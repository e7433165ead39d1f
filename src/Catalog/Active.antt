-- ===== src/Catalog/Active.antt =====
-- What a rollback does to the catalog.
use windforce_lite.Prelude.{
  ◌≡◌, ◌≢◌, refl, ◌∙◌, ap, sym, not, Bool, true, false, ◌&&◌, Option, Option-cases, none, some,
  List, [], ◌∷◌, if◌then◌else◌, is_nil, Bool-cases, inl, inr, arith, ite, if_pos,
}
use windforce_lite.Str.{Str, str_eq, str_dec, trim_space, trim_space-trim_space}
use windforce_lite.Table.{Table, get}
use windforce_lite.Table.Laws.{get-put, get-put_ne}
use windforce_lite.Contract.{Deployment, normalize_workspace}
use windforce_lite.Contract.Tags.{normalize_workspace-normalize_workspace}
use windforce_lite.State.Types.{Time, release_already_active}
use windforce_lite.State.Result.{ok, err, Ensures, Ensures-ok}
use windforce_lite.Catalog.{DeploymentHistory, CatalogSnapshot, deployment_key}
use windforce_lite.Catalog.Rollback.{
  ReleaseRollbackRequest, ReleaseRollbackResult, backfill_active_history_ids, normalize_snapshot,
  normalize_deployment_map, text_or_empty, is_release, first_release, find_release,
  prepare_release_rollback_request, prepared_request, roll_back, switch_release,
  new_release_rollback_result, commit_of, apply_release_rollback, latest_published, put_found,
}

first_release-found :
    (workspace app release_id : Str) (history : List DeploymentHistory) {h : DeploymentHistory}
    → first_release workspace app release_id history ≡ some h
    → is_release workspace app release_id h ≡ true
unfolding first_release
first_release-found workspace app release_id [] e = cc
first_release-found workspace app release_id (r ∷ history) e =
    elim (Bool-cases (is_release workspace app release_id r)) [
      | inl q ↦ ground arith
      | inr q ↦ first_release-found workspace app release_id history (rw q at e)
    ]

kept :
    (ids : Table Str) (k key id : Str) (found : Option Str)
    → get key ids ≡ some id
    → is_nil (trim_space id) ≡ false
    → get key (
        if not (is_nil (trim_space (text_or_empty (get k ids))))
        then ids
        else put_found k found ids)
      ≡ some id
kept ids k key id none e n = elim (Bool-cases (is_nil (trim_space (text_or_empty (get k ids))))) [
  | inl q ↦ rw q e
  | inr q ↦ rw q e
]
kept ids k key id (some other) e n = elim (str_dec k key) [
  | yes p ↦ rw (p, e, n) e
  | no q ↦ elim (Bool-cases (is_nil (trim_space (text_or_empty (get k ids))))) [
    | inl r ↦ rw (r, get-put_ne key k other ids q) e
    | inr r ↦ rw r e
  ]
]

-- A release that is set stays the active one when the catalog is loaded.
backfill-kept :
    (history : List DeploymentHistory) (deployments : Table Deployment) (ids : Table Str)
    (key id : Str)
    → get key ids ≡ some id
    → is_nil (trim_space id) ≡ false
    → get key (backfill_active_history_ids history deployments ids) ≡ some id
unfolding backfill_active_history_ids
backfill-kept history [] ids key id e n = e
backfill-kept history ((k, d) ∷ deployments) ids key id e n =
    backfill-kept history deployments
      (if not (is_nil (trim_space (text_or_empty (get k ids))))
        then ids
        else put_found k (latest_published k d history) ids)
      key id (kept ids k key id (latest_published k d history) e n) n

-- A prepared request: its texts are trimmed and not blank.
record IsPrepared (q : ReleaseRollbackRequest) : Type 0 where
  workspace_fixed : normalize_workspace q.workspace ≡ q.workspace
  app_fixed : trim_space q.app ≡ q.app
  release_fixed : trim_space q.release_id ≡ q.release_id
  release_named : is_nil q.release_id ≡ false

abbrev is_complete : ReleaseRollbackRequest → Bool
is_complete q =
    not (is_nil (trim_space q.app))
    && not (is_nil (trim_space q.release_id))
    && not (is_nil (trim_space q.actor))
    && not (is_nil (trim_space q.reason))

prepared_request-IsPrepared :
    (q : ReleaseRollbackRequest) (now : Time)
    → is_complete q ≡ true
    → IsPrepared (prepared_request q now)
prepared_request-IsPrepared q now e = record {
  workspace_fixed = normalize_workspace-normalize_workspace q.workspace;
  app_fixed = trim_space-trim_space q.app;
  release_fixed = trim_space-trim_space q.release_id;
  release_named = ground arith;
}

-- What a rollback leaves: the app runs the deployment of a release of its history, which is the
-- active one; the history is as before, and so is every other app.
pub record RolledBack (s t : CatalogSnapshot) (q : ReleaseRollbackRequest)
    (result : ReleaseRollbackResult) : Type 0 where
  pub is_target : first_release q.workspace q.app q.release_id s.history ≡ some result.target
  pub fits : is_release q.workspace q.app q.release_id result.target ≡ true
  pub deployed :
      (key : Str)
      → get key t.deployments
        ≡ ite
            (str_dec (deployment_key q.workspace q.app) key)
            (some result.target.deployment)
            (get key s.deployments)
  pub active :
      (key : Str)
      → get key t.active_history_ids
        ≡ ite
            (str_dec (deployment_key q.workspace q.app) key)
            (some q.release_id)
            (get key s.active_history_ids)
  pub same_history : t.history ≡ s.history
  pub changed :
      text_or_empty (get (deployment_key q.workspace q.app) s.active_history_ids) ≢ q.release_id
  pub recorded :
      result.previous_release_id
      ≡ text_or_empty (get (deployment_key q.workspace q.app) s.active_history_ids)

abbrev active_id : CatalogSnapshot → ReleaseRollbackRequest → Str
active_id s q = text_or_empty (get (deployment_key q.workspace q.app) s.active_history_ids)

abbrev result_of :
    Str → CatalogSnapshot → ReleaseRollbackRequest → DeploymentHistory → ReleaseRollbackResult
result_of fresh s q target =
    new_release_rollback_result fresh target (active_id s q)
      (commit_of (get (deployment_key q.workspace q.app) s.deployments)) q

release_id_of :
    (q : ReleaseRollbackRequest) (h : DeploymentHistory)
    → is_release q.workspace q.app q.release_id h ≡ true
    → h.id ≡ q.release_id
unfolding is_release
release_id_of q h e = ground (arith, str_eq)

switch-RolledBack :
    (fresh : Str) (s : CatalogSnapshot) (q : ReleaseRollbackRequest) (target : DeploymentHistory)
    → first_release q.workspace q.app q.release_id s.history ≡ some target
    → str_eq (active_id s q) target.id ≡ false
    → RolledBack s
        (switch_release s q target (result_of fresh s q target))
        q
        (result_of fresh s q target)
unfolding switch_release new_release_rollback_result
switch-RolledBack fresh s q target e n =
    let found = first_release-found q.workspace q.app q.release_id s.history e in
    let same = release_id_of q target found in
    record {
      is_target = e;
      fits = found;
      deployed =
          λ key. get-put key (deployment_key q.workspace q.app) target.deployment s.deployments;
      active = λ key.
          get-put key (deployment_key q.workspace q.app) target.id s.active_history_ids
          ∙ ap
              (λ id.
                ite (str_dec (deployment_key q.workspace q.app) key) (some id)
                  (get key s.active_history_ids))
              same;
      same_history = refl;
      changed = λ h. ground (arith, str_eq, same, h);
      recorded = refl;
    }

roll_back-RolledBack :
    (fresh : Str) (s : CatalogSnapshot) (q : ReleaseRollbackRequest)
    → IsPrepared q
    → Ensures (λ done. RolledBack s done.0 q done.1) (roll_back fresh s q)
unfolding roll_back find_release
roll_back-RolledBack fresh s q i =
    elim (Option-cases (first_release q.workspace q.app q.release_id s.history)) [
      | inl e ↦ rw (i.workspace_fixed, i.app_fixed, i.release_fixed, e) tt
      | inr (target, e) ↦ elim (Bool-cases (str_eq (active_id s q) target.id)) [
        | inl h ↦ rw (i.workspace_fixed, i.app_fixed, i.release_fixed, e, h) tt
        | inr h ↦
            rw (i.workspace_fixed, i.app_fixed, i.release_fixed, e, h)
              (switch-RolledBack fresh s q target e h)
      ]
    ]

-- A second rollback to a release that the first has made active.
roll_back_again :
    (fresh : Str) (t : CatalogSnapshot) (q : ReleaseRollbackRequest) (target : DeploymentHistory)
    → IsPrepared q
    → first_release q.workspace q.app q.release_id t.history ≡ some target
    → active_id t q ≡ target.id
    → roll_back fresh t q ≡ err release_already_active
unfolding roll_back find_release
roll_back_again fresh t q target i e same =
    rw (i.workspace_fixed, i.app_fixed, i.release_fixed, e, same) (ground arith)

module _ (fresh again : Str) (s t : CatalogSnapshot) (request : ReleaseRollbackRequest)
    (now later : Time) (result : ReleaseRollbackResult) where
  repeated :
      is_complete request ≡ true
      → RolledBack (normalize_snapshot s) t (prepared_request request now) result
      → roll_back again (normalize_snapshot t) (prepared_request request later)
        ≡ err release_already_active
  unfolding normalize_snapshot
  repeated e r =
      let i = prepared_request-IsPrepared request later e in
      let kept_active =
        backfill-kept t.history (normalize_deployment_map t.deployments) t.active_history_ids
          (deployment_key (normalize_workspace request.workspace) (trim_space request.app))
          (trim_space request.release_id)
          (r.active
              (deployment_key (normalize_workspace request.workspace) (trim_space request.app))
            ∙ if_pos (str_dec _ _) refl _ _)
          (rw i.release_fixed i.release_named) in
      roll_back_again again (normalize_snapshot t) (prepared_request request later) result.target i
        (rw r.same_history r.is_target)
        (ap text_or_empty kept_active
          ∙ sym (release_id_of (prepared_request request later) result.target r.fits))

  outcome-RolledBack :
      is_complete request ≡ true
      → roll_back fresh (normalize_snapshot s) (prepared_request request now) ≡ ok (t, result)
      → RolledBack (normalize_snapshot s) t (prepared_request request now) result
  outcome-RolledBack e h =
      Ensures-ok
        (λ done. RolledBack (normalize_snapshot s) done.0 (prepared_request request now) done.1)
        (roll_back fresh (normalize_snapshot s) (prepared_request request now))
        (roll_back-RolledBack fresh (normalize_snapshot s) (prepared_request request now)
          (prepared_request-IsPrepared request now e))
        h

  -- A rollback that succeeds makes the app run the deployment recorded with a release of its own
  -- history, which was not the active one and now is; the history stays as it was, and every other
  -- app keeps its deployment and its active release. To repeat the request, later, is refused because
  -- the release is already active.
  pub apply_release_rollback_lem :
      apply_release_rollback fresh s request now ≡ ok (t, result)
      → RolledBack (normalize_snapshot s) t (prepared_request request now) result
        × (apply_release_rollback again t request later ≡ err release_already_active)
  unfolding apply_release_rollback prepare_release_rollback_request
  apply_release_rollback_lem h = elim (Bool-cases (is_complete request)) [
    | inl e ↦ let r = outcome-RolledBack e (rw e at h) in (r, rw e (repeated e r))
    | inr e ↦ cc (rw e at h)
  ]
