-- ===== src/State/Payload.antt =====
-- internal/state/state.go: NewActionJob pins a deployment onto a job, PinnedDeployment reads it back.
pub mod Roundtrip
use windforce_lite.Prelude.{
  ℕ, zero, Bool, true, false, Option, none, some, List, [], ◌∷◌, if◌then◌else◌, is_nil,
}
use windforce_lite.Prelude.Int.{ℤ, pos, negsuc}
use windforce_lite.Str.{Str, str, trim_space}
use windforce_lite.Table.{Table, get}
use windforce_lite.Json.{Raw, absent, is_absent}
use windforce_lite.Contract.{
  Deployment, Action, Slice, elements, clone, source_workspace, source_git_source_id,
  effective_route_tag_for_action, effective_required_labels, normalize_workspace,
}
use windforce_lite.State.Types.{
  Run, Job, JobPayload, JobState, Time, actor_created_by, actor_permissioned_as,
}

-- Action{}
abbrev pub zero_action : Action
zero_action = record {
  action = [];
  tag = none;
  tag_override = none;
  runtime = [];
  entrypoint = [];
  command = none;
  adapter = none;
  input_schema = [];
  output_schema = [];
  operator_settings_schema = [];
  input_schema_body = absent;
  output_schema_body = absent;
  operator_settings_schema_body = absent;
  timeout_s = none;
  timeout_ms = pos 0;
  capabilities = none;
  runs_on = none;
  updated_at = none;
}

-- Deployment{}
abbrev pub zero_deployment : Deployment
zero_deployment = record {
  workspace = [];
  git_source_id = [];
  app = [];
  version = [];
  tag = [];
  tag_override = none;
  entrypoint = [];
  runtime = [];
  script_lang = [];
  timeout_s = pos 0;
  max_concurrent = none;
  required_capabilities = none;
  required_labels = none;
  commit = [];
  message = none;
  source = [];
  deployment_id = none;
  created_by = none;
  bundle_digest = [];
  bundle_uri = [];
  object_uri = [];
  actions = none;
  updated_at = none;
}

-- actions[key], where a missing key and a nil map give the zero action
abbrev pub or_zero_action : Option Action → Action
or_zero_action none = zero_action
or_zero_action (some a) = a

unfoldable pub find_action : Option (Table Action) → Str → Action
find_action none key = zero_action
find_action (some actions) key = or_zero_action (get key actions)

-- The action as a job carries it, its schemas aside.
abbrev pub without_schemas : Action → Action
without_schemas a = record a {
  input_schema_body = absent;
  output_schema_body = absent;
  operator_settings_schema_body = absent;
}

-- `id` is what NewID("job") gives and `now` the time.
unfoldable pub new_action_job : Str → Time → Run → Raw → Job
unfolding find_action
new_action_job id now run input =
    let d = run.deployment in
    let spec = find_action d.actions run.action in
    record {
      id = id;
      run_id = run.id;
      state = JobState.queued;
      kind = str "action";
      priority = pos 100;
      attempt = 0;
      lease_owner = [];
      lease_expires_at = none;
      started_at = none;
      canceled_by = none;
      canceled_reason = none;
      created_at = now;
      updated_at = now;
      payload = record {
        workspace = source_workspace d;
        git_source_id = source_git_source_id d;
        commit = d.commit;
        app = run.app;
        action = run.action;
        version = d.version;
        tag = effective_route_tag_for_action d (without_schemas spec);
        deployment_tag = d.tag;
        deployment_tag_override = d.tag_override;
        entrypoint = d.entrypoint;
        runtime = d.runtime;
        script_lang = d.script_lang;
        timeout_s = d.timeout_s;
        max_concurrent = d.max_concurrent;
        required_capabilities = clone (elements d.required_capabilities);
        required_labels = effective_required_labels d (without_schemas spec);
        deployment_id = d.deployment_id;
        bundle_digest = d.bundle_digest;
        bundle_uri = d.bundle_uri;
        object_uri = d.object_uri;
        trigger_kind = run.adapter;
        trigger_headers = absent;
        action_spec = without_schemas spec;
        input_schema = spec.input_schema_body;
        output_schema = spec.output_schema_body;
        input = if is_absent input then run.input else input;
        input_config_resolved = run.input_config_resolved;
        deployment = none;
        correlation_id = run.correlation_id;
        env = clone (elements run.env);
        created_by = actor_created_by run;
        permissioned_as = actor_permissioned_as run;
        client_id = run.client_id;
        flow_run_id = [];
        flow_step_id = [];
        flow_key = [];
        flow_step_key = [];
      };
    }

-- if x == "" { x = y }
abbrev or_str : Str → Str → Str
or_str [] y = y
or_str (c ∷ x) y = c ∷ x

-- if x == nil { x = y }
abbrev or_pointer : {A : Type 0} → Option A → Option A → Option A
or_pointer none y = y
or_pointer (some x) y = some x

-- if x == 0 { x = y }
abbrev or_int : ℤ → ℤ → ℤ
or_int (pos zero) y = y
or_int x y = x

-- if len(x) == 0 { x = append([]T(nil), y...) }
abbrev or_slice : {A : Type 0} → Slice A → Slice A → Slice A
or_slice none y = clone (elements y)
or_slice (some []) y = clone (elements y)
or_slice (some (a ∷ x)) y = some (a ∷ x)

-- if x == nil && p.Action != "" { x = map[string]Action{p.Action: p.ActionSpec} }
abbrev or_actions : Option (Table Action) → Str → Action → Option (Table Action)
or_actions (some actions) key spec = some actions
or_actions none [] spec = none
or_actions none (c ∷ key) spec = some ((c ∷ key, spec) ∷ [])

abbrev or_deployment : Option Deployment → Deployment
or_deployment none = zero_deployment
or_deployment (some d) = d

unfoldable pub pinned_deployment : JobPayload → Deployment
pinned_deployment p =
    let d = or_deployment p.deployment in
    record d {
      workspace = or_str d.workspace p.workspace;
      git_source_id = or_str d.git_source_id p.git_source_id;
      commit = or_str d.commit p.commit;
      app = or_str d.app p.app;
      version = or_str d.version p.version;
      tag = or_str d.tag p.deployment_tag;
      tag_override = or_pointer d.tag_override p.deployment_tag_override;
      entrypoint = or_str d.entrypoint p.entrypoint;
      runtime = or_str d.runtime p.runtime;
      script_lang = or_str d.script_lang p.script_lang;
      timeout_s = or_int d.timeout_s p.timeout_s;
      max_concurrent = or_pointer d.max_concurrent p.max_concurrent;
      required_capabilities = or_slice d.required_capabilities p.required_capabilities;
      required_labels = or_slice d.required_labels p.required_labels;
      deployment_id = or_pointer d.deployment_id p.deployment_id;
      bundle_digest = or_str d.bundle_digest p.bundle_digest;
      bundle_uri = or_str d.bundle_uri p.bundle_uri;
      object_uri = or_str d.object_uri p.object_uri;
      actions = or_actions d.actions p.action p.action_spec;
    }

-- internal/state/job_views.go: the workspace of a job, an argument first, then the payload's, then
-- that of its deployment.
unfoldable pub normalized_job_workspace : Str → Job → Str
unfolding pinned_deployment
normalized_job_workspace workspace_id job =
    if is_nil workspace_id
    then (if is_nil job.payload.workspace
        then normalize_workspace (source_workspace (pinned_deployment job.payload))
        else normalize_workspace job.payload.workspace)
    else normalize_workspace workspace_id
━━━━━━━━
WHAT YOU SHOULD DO:
Your answer should be the lines above, from the line containing "(switch_release s q" up to and including the line containing "(get key s.active_history_ids))", reproduced exactly and with nothing else.

COMPLETED TASK:
        (switch_release s q target (result_of fresh s q target))
        q
        (result_of fresh s q target)
unfolding switch_release new_release_rollback_result
switch-RolledBack fresh s q target e n =
    let found = first_release-found q.workspace q.app q.release_id s.history e in
    let same = release_id_of q target found in
    record {
      is_target = e;
      fits = found;
      deployed =
          λ key. get-put key (deployment_key q.workspace q.app) target.deployment s.deployments;
      active = λ key.
          get-put key (deployment_key q.workspace q.app) target.id s.active_history_ids
          ∙ ap
              (λ id.
                ite (str_dec (deployment_key q.workspace q.app) key) (some id)
                  (get key s.active_history_ids))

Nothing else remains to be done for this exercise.